Numerous methods have been proposed in literature for
implementing reconfigurable FIR filters [3]. The multiply-andaccumulate (MAC) operation based programmable filter in [3]
is an inefficient implementation resulting due to the delay and
power consumption issues of the coefficient multipliers
involved in MAC operations. In [4], a digit based
reconfigurable FIR filter implementation architecture is
proposed. In this technique, the tap (coefficient) number and
the number of non-zero digits in each tap are arbitrarily
assigned and the aim is to reduce the filter complexity by
reducing coefficient precision. A canonic signed digit based
(CSD) based reconfigurable FIR filter is proposed in [5], which
is characterized by a high speed operation. The techniques
proposed in [4, 5] have a high utilization of hardware resources
and thus a high power consumption, which makes them
infeasible for applications like cognitive radios for whom these
parameters are critical. A reconfigurable multiplier block
(ReMB) that employs graph dependence (GD) algorithms was
introduced in [6]. A time-multiplexed multiple constant
multiplication (MMCM) approach is proposed in [7], which
takes coefficients as constants and uses GD algorithms to
reduce redundancy. The methods proposed in [6, 7] have a low
speed of operation due to the sequential nature of the GD
algorithms used and the resulting longer critical path lengths
observed.
The techniques proposed in [3-7] implement reconfigurable
filters with variable inputs along with variable coefficients. The
resulting complexity in these methods can be reduced if the
filter coefficients are kept fixed and variable frequency
responses are obtained using them, corresponding to the
different wireless communication standards. In [8], a
coefficient decimation method (CDM) is proposed to obtain
low complexity reconfigurable FIR filters. The CDM is able to
generate variable frequency responses by operating upon fixed
filter coefficients by employing two coefficient decimation
operations, one to vary the passband width of the prototype
filter (termed as CDM-II) and another to generate multi-band
frequency responses (termed as CDM-I). In [9], a
reconfigurable non-uniform channel filter is proposed based on
CDM-II, interpolation and frequency response masking
techniques. In [10], successive CDM-II operations are
performed to obtain a reconfigurable FIR filter that is used in a
spectrum sensing scheme for mobile cognitive radio terminals.
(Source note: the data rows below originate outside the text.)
-- ===== src/Auth/Compare.antt =====
-- crates/moaray/src/auth.rs: `ct_eq`, the comparison that looks at every byte.
use Prim.Native.Nat.{
  zero, suc, ◌/◌, ◌%◌, bit_or, bit_xor, digits, differ, bit_or-bitwise, bit_xor-bitwise,
}
use moaray.Base.{
  ℕ, ◌≤◌, ◌≡◌, refl, sym, ◌∙◌, ◌↔◌, max, Bool, true, false, not, ◌==◌, ==_iff, if◌then◌else◌, List,
  [], ◌∷◌, length, arith, Bool-cases, inl, inr,
}

unfoldable pub byte_diff : ℕ → List ℕ → List ℕ → ℕ
byte_diff diff [] ys = diff
byte_diff diff (x ∷ xs) [] = diff
byte_diff diff (x ∷ xs) (y ∷ ys) = byte_diff (bit_or diff (bit_xor x y)) xs ys

unfoldable pub ct_eq : List ℕ → List ℕ → Bool
unfolding byte_diff
ct_eq a b = let same = byte_diff 0 a b == 0 in if not (length a == length b) then false else same

or_zero : (n a b : ℕ) → a ≤ n → digits (λ y. y) max n a b ≡ 0 → (a ≡ 0) × (b ≡ 0)
or_zero zero zero b h e = (refl, e)
or_zero zero (suc a) b h e = absurd (omega arith)
or_zero (suc n) zero b h e = (refl, e)
or_zero (suc n) (suc a) b h e =
    let halves = or_zero n (suc a / 2) (b / 2) (omega arith) (omega (arith, e)) in
    absurd (omega (arith, halves.0, e))

bit_or-zero : (a b : ℕ) → bit_or a b ≡ 0 → (a ≡ 0) × (b ≡ 0)
bit_or-zero a b e = or_zero a a b (omega arith) (sym (bit_or-bitwise a b) ∙ e)

differ-zero : (x y : ℕ) → differ x y ≡ 0 → x ≡ y
differ-zero zero y e = sym e
differ-zero (suc x) zero e = e
differ-zero (suc x) (suc y) e = omega (arith, differ-zero x y e)

differ_self : (x : ℕ) → differ x x ≡ 0
differ_self zero = refl
differ_self (suc x) = differ_self x

xor_zero : (n a b : ℕ) → a ≤ n → digits (λ y. y) differ n a b ≡ 0 → a ≡ b
xor_zero zero zero b h e = sym e
xor_zero zero (suc a) b h e = absurd (omega arith)
xor_zero (suc n) zero b h e = sym e
xor_zero (suc n) (suc a) b h e = omega (
  arith,
  xor_zero n (suc a / 2) (b / 2) (omega arith) (omega (arith, e)),
  differ-zero (suc a % 2) (b % 2) (omega (arith, e)),
)

bit_xor-zero : (a b : ℕ) → bit_xor a b ≡ 0 → a ≡ b
bit_xor-zero a b e = xor_zero a a b (omega arith) (sym (bit_xor-bitwise a b) ∙ e)

xor_self : (n a : ℕ) → a ≤ n → digits (λ y. y) differ n a a ≡ 0
xor_self zero zero h = refl
xor_self zero (suc a) h = absurd (omega arith)
xor_self (suc n) zero h = refl
xor_self (suc n) (suc a) h =
    omega (arith, xor_self n (suc a / 2) (omega arith), differ_self (suc a % 2))

bit_xor_self : (a : ℕ) → bit_xor a a ≡ 0
bit_xor_self a = bit_xor-bitwise a a ∙ xor_self a a (omega arith)

byte_diff_sound :
    (diff : ℕ) (xs ys : List ℕ)
    → length xs ≡ length ys
    → byte_diff diff xs ys ≡ 0
    → (diff ≡ 0) × (xs ≡ ys)
unfolding byte_diff
byte_diff_sound diff [] [] l e = (e, refl)
byte_diff_sound diff [] (y ∷ ys) l e = absurd (omega (arith, l))
byte_diff_sound diff (x ∷ xs) [] l e = absurd (omega (arith, l))
byte_diff_sound diff (x ∷ xs) (y ∷ ys) l e =
    let rest = byte_diff_sound (bit_or diff (bit_xor x y)) xs ys (omega (arith, l)) e in
    let both = bit_or-zero diff (bit_xor x y) rest.0 in
    (both.0, cc (bit_xor-zero x y both.1, rest.1))

byte_diff_self : (xs : List ℕ) → byte_diff 0 xs xs ≡ 0
unfolding byte_diff
byte_diff_self [] = refl
byte_diff_self (x ∷ xs) = rw (bit_xor_self x) (byte_diff_self xs)

-- The comparison that never stops early says yes exactly to equal byte strings.
pub ct_eq_iff : (a b : List ℕ) → (ct_eq a b ≡ true) ↔ (a ≡ b)
unfolding ct_eq
ct_eq_iff a b = (sound, complete)
  where
    sound : ct_eq a b ≡ true → a ≡ b
    sound h = elim (Bool-cases (length a == length b)) [
      | inr other ↦ ground arith
      | inl same ↦ (byte_diff_sound 0 a b ((==_iff _ _).0 same) ((==_iff _ _).0 (ground arith))).1
    ]

    complete : a ≡ b → ct_eq a b ≡ true
    complete e = ground (arith, byte_diff_self a)
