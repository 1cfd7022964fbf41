-- ===== src/Auth/Bearer.antt =====
-- crates/moaray/src/auth.rs: the bearer token of a request and the key that it opens.
use moaray.Base.{
  ℕ, ◌≡◌, String, str_eq, Bool, not, ◌&&◌, if◌then◌else◌, Option, none, some, List, [], ◌∷◌, any,
}
use moaray.Base.Result.{Result, ok, err}
use moaray.Base.Text.{is_empty, strip_prefix}
use moaray.Config.Runtime.{KeySecret, plain, sha256, KeyConfig}
use moaray.Core.Error.{Error, invalid_api_key}
use moaray.Auth.Sha256.{digest}
use moaray.Auth.Compare.{ct_eq}

-- `str::trim` and `str::as_bytes`: different texts have different bytes.
pub record Text : Type 0 where
  pub trim : String → String
  pub as_bytes : String → List ℕ
  pub as_bytes-injective : {s t : String} → as_bytes s ≡ as_bytes t → s ≡ t

pub record AuthContext : Type 0 where
  pub key_id : String
  pub allow_models : List String

unfoldable pub allows : AuthContext → String → Bool
allows auth model = any (λ m. str_eq m model) auth.allow_models

module _ (T : Text) where
  -- Whether a secret is the presented token, given the token and its digest.
  unfoldable pub secret_matches : String → String → KeySecret → Bool
  unfolding ct_eq
  secret_matches presented hash (plain p) =
      not (is_empty p) && ct_eq (T.as_bytes p) (T.as_bytes presented)
  secret_matches presented hash (sha256 h) = ct_eq (T.as_bytes h) (T.as_bytes hash)

  unfoldable pub first_match : List KeyConfig → String → String → Result AuthContext Error
  first_match [] presented hash = err invalid_api_key
  first_match (k ∷ ks) presented hash =
      let later = first_match ks presented hash in
      if secret_matches presented hash k.secret
      then ok (record { key_id = k.id; allow_models = k.allow_models })
      else later

  unfoldable pub authenticate : List KeyConfig → String → Result AuthContext Error
  unfolding first_match
  authenticate keys presented =
      let token = T.trim presented in
      let found = first_match keys token (digest (T.as_bytes token)) in
      if is_empty token then err invalid_api_key else found

  abbrev token_of : Option String → Result String Error
  token_of none = err invalid_api_key
  token_of (some rest) = if is_empty (T.trim rest) then err invalid_api_key else ok (T.trim rest)

  abbrev either_prefix : Option String → Option String → Option String
  either_prefix (some rest) other = some rest
  either_prefix none other = other

  unfoldable pub parse_bearer : Option String → Result String Error
  parse_bearer none = err invalid_api_key
  parse_bearer (some h) =
      token_of (either_prefix (strip_prefix "Bearer " h) (strip_prefix "bearer " h))
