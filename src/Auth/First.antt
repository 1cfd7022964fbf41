-- ===== src/Auth/First.antt =====
-- crates/moaray/src/auth.rs: who a token authenticates.
use moaray.Base.{
  ◌≡◌, refl, sym, ap, ◌∙◌, ◌↔◌, ◌⊎◌, inl, inr, String, true, false, not, ◌&&◌, List, [], ◌∷◌, ◌++◌,
  All, Bool-cases, arith,
}
use moaray.Base.Result.{ok, err}
use moaray.Base.Text.{is_empty}
use moaray.Config.Runtime.{KeySecret, plain, sha256, KeyConfig}
use moaray.Core.Error.{invalid_api_key}
use moaray.Auth.Sha256.{digest}
use moaray.Auth.Compare.{ct_eq, ct_eq_iff}
use moaray.Auth.Bearer.{Text, AuthContext, secret_matches, first_match, authenticate}

true-ne-false : true ≡ false → ⊥
true-ne-false h = cc

module _ (T : Text) where
  -- The token is the secret, or the secret is the token's digest.
  abbrev pub Opens : String → KeySecret → Type 0
  Opens token (plain p) = p ≡ token
  Opens token (sha256 h) = h ≡ digest (T.as_bytes token)

  -- The key that the context stands for, and that no key before it opens.
  pub record FirstKey (keys : List KeyConfig) (token : String) (auth : AuthContext) : Type 0 where
    pub before : List KeyConfig
    pub key : KeyConfig
    pub after : List KeyConfig
    pub split : keys ≡ before ++ key ∷ after
    pub opens : Opens token key.secret
    pub earlier : All (λ k. Opens token k.secret → ⊥) before
    pub key_id : auth.key_id ≡ key.id
    pub allow_models : auth.allow_models ≡ key.allow_models

  bytes_iff : (s t : String) → (ct_eq (T.as_bytes s) (T.as_bytes t) ≡ true) ↔ (s ≡ t)
  bytes_iff s t =
      (λ h. T.as_bytes-injective ((ct_eq_iff _ _).0 h), λ e. (ct_eq_iff _ _).1 (ap T.as_bytes e))

  secret_matches_iff :
      (token : String) (s : KeySecret)
      → is_empty token ≡ false
      → (secret_matches T token (digest (T.as_bytes token)) s ≡ true) ↔ Opens token s
  unfolding secret_matches
  secret_matches_iff token (sha256 h) e = bytes_iff h (digest (T.as_bytes token))
  secret_matches_iff token (plain p) e = (sound, complete)
    where
      sound : not (is_empty p) && ct_eq (T.as_bytes p) (T.as_bytes token) ≡ true → p ≡ token
      sound h = (bytes_iff p token).0 (ground arith)

      complete : p ≡ token → not (is_empty p) && ct_eq (T.as_bytes p) (T.as_bytes token) ≡ true
      complete same = rw (same, e, (bytes_iff token token).1 refl) refl

  later_key :
      (k : KeyConfig) {ks : List KeyConfig} {token : String} {auth : AuthContext}
      → (Opens token k.secret → ⊥)
      → FirstKey ks token auth
      → FirstKey (k ∷ ks) token auth
  later_key k closed f = record {
    before = k ∷ f.before;
    key = f.key;
    after = f.after;
    split = ap (λ x. k ∷ x) f.split;
    opens = f.opens;
    earlier = (closed, f.earlier);
    key_id = f.key_id;
    allow_models = f.allow_models;
  }

  abbrev pub Nobody : List KeyConfig → String → Type 0
  Nobody keys token = All (λ k. Opens token k.secret → ⊥) keys

  first_match-cases :
      (keys : List KeyConfig) (token : String)
      → is_empty token ≡ false
      → ((first_match T keys token (digest (T.as_bytes token)) ≡ err invalid_api_key)
          × Nobody keys token)
        ⊎ ((auth : AuthContext) × ((first_match T keys token (digest (T.as_bytes token)) ≡ ok auth)
              × FirstKey keys token auth))
  unfolding first_match
  first_match-cases [] token e = inl (refl, tt)
  first_match-cases (k ∷ ks) token e =
      elim (Bool-cases (secret_matches T token (digest (T.as_bytes token)) k.secret)) [
        | inl found ↦ inr (
          record { key_id = k.id; allow_models = k.allow_models },
          (
            rw found refl,
            record {
              before = [];
              key = k;
              after = ks;
              split = refl;
              opens = (secret_matches_iff token k.secret e).0 found;
              earlier = tt;
              key_id = refl;
              allow_models = refl;
            },
          ),
        )
        | inr other ↦ elim (first_match-cases ks token e) [
          | inl none_later ↦ inl (rw other none_later.0, (unopened other, none_later.1))
          | inr (auth, later) ↦ inr (auth, (rw other later.0, later_key k (unopened other) later.1))
        ]
      ]
    where
      unopened :
          secret_matches T token (digest (T.as_bytes token)) k.secret ≡ false
          → Opens token k.secret
          → ⊥
      unopened other o = true-ne-false (sym ((secret_matches_iff token k.secret e).1 o) ∙ other)

  -- A presented token, trimmed, either authenticates as the first key that it opens, with that key's id
  -- and allowlist, where a plain secret is opened by itself and a digest by the texts with that
  -- SHA-256; or it is refused as an invalid key, and then it is empty or opens no key.
  pub authenticate-cases :
      (keys : List KeyConfig) (presented : String)
      → ((authenticate T keys presented ≡ err invalid_api_key)
          × ((is_empty (T.trim presented) ≡ true) ⊎ Nobody keys (T.trim presented)))
        ⊎ ((auth : AuthContext) × ((authenticate T keys presented ≡ ok auth)
              × FirstKey keys (T.trim presented) auth))
  unfolding authenticate
  authenticate-cases keys presented = elim (Bool-cases (is_empty (T.trim presented))) [
    | inl empty ↦ inl (rw empty refl, inl empty)
    | inr full ↦ elim (first_match-cases keys (T.trim presented) full) [
      | inl refused ↦ inl (rw full refused.0, inr refused.1)
      | inr (auth, found) ↦ inr (auth, (rw full found.0, found.1))
    ]
  ]
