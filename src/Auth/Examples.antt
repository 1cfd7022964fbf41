-- ===== src/Auth/Examples.antt =====
-- Witnesses and tests of the authentication, over texts whose bytes are the numbers of their characters.
use Prim.Native.Char.{code}
use text.Mathlib.TextEquality.{Char-path}
use mathlib.Core.Path.{ap₂}
use moaray.Base.{ℕ, ◌≡◌, refl, ◌⊎◌, String, true, none, List, [], ◌∷◌}
use moaray.Base.Result.{ok, err}
use moaray.Base.Text.{is_empty}
use moaray.Config.Runtime.{plain, KeyConfig}
use moaray.Core.Error.{invalid_api_key}
use moaray.Auth.Bearer.{Text, AuthContext, secret_matches, authenticate}
use moaray.Auth.First.{FirstKey, Nobody, authenticate-cases}

abbrev pub codes : String → List ℕ
codes String.[] = []
codes (String.◌∷◌ c s) = code c ∷ codes s

pub codes-injective : (s t : String) → codes s ≡ codes t → s ≡ t
codes-injective String.[] String.[] e = refl
codes-injective String.[] (String.◌∷◌ d t) e = cc
codes-injective (String.◌∷◌ c s) String.[] e = cc
codes-injective (String.◌∷◌ c s) (String.◌∷◌ d t) e =
    ap₂ String.◌∷◌ (Char-path c d (cc)) (codes-injective s t (cc))

abbrev pub plain_text : Text
plain_text = record {
  trim = λ s. s;
  as_bytes = codes;
  as_bytes-injective = λ {s} {t} e. codes-injective s t e;
}

abbrev keys : List KeyConfig
keys =
    record { id = "team"; secret = plain "s3cret"; allow_models = "m" ∷ []; rate_limit = none } ∷ []

authenticate-cases_example :
    ((authenticate plain_text keys "s3cret" ≡ err invalid_api_key)
      × ((is_empty "s3cret" ≡ true) ⊎ Nobody plain_text keys "s3cret"))
    ⊎ ((auth : AuthContext) × ((authenticate plain_text keys "s3cret" ≡ ok auth)
          × FirstKey plain_text keys "s3cret" auth))
authenticate-cases_example = authenticate-cases plain_text keys "s3cret"

authenticate_test :
    authenticate plain_text keys "s3cret" ≡ ok (record { key_id = "team"; allow_models = "m" ∷ [] })
unfolding authenticate secret_matches
authenticate_test = refl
The reconfigurable filter proposed in [10] does not employ
frequency response masking filters and interpolation techniques
and thus has a lower design overhead than the channel filter
proposed in [9]. The CDM based channel filters are low
complexity alternatives to the other channelization techniques
with the primary advantage of having the ability to extract
multi-standard frequency channels.
We recently proposed a modified coefficient decimation
method [11] to obtain reconfigurable FIR filters with enhanced
frequency response flexibility and twice center frequency
resolution when compared to the conventional CDM. Our
method provides a higher degree of reconfigurability to obtain
FIR filters when compared with the CDM. The FIR filters
obtained using our method show higher stopband attenuation
when compared with those obtained using conventional CDM,
and have a lower complexity due to the requirement of a lower
order modal filter in the modified CDM.
In this paper, we propose a new channel filter design
method that is based on the combination of the modified CDM
and conventional CDM. We show that the proposed channel
filter has a significantly lower complexity when compared to
other CDM based channel filters [9, 10]. When both are
designed for the same specifications, the proposed channel
filter shows superior transition band and stopband
characteristics when compared to the CDM based channel
filters.
The rest of the paper is organized as follows: Section II
presents the proposed channel filter with its mathematical
formulation. Hardware implementation architecture for the
proposed channel filter is also presented. Section III presents a
design example along with the comparison of the proposed
channel filter with the conventional CDM-II based channel
filter. The conclusions are given in Section IV.
II.
PROPOSED CHANNEL FILTER
A. Improved Coefficient Decimation Method
In the CDM [8], the coefficients of a lowpass FIR filter
(termed as the modal filter) are decimated by M, i.e., every Mth
coefficient is retained and the others replaced by zeros, to
obtain a FIR filter with a multi-band frequency response. The
frequency response of the resulting filter has bands with center
frequencies at 2πk/M, where k is an integer ranging from 0 to
(M-1). If H (e jω ) denotes the Fourier transform of the modal
filter coefficients, then the Fourier transform of the modified
coefficients is given by
H ' (e
jω
1
)=
M
M −1
∑ H (e
k =0
2πk ⎞
⎛
j ⎜ ω−
⎟
M ⎠
⎝
)
(1)
This operation is termed as CDM-I. After performing
CDM-I by decimation factor M, if all the retained coefficients
are grouped together by discarding the zero coefficients in
between, a lowpass frequency response with its passband and
transition band widths M times that of the modal filter is
obtained. This operation is called as CDM-II.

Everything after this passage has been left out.